[LV] Don't create partial reductions if factor doesn't match accumulator #158603

fhahn · 2025-09-15T11:04:44Z

Check if the scale-factor of the accumulator is the same as the request ScaleFactor in tryToCreatePartialReductions.

This prevents creating partial reductions if not all instructions in the reduction chain form partial reductions. e.g. because we do not form a partial reduction for the loop exit instruction.

Currently code-gen works fine, because the scale factor of VPPartialReduction is not used during ::execute, but it means we compute incorrect cost/register pressure, because the partial reduction won't reduce to the specified scaling factor.

Check if the scale-factor of the accumulator is the same as the request ScaleFactor in tryToCreatePartialReductions. This prevents creating partial reductions if not all instructions in the reduction chain form partial reductions. e.g. because we do not form a partial reduction for the loop exit instruction.
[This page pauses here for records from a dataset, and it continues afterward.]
-- ===== src/Oprf/Store/Enrolled.antt =====
-- The enrolled commitments: their leaf indices are dense, in the order of insertion.
use crisp_qes.Common.{
  ℕ, suc, ◌+◌, ◌≤◌, ◌<◌, ◌≡◌, refl, ap, Bool, true, false, none, some, List, [], ◌∷◌, ◌++◌, map,
  leb, length, any, find, bytes_eq, bytes_eq_refl, bytes_eq_sound, arith, Bool-cases, inl, inr,
  get_or,
}
use crisp_qes.Common.Text.{Text}
use crisp_qes.Oprf.Store.{
  Store, EnrolledRow, collides, insert, with_commitment, has, leaf_index_of, leaf_index_for,
  insert_by_leaf, sort_by_leaf, all_in_order, count, next_leaf_index,
}

abbrev pub IsDense : ℕ → List EnrolledRow → Type 0
IsDense n [] = Unit
IsDense n (r ∷ rows) = (r.leaf_index ≡ n) × IsDense (suc n) rows

abbrev pub commitments : List EnrolledRow → List Text
commitments = map (λ (r : EnrolledRow). r.commitment)

insert_by_leaf_first :
    (n : ℕ) (r : EnrolledRow) (rows : List EnrolledRow)
    → r.leaf_index ≡ n
    → IsDense (suc n) rows
    → insert_by_leaf r rows ≡ r ∷ rows
unfolding insert_by_leaf
insert_by_leaf_first n r [] e h = refl
insert_by_leaf_first n r (s ∷ rows) e (first, h) =
    let le : leb r.leaf_index s.leaf_index ≡ true = ground arith in rw le refl

sort_by_leaf-dense : (n : ℕ) (rows : List EnrolledRow) → IsDense n rows → sort_by_leaf rows ≡ rows
unfolding sort_by_leaf
sort_by_leaf-dense n [] h = refl
sort_by_leaf-dense n (r ∷ rows) (e, h) =
    rw (sort_by_leaf-dense (suc n) rows h) (insert_by_leaf_first n r rows e h)

pub all_in_order-dense :
    (s : Store) → IsDense 0 s.enrolled → all_in_order s ≡ commitments s.enrolled
unfolding all_in_order
all_in_order-dense s h = ap commitments (sort_by_leaf-dense 0 s.enrolled h)

IsDense-append :
    (n : ℕ) (rows : List EnrolledRow) (row : EnrolledRow)
    → IsDense n rows
    → row.leaf_index ≡ n + length rows
    → IsDense n (rows ++ row ∷ [])
IsDense-append n [] row h e = (omega (arith, e), tt)
IsDense-append n (r ∷ rows) row (e, h) last =
    (e, IsDense-append (suc n) rows row h (omega (arith, last)))

any-collides :
    (n : ℕ) (row : EnrolledRow) (rows : List EnrolledRow)
    → IsDense n rows
    → n + length rows ≤ row.leaf_index
    → any (collides row) rows ≡ any (with_commitment row.commitment) rows
any-collides n row [] h le = refl
any-collides n row (r ∷ rows) (e, h) le = ground (arith, any-collides (suc n) row rows h)

find-append_last :
    (p : EnrolledRow → Bool) (rows : List EnrolledRow) (row : EnrolledRow)
    → any p rows ≡ false
    → p row ≡ true
    → find p (rows ++ row ∷ []) ≡ some row
find-append_last p [] row h e = rw e refl
find-append_last p (r ∷ rows) row h e = ground (arith, find-append_last p rows row)

-- The store after the insertion of a new commitment at the next leaf index.
abbrev pub extended : Store → EnrolledRow → Store
extended s row = record {
  enrolled = s.enrolled ++ row ∷ [];
  kv = s.kv;
  p7s_replay_cache = s.p7s_replay_cache;
  blind_eval_counts = s.blind_eval_counts;
}

-- In a dense store, a row at the next leaf index is inserted exactly if its commitment is new; then
-- the store is dense again, lists its commitments with the new one last, and finds it at that index.
pub insert_next :
    (s : Store) (row : EnrolledRow)
    → IsDense 0 s.enrolled
    → row.leaf_index ≡ next_leaf_index s
    → (has s row.commitment ≡ true → insert s row ≡ none)
      × (has s row.commitment ≡ false
          → (insert s row ≡ some (extended s row))
            × IsDense 0 (extended s row).enrolled
            × (all_in_order (extended s row) ≡ all_in_order s ++ row.commitment ∷ [])
            × (leaf_index_for (extended s row) row.commitment ≡ some (next_leaf_index s)))
unfolding insert has leaf_index_for
insert_next s row h e =
    let same = any-collides 0 row s.enrolled h (omega arith) in
    let dense = IsDense-append 0 s.enrolled row h (omega arith) in
    (
      λ taken. rw (same, taken) refl,
      λ free. (
        rw (same, free) refl,
        dense,
        rw (all_in_order-dense (extended s row) dense, all_in_order-dense s h)
            (map-append_last s.enrolled),
        rw
            (find-append_last (with_commitment row.commitment) s.enrolled row free
              (bytes_eq_refl row.commitment))
            (ap some e),
      ),
    )
  where
    map-append_last :
        (rows : List EnrolledRow)
        → commitments (rows ++ row ∷ []) ≡ commitments rows ++ row.commitment ∷ []
    map-append_last [] = refl
    map-append_last (r ∷ rows) = ap (λ cs. r.commitment ∷ cs) (map-append_last rows)

find-dense :
    (n k : ℕ) (c : Text) (rows : List EnrolledRow)
    → IsDense n rows
    → leaf_index_of (find (with_commitment c) rows) ≡ some k
    → (i : ℕ) × (k ≡ n + i) × (i < length rows) × (get_or (commitments rows) i [] ≡ c)
find-dense n k c [] h e = cc
find-dense n k c (r ∷ rows) (first, h) e = elim (Bool-cases (bytes_eq r.commitment c)) [
  | inl here ↦
      let found : some r.leaf_index ≡ some k = rw here at e in
      let same : r.leaf_index ≡ k = cc in (0, omega arith, omega arith, bytes_eq_sound _ _ here)
  | inr there ↦
      let (i, at, lt, got) = find-dense (suc n) k c rows h (rw there at e) in
      (suc i, omega (arith, at), omega arith, got)
]

-- In a dense store, the leaf index found for a commitment is its position among the commitments in
-- order.
pub leaf_index_for-all_in_order :
    (s : Store) (c : Text) (i : ℕ)
    → IsDense 0 s.enrolled
    → leaf_index_for s c ≡ some i
    → (i < count s) × (get_or (all_in_order s) i [] ≡ c)
unfolding leaf_index_for
leaf_index_for-all_in_order s c i h e =
    let (j, at, lt, got) = find-dense 0 i c s.enrolled h e in
    let same : i ≡ j = omega (arith, at) in (omega arith, rw (all_in_order-dense s h, same) got)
Currently code-gen works fine, because the scale factor of VPPartialReduction is not used during ::execute, but it means we compute incorrect cost/register pressure, because the partial reduction won't reduce to the specified scaling factor.

llvmbot · 2025-09-15T11:05:20Z

@llvm/pr-subscribers-vectorizers

@llvm/pr-subscribers-llvm-transforms

Author: Florian Hahn (fhahn)

Changes

Check if the scale-factor of the accumulator is the same as the request ScaleFactor in tryToCreatePartialReductions.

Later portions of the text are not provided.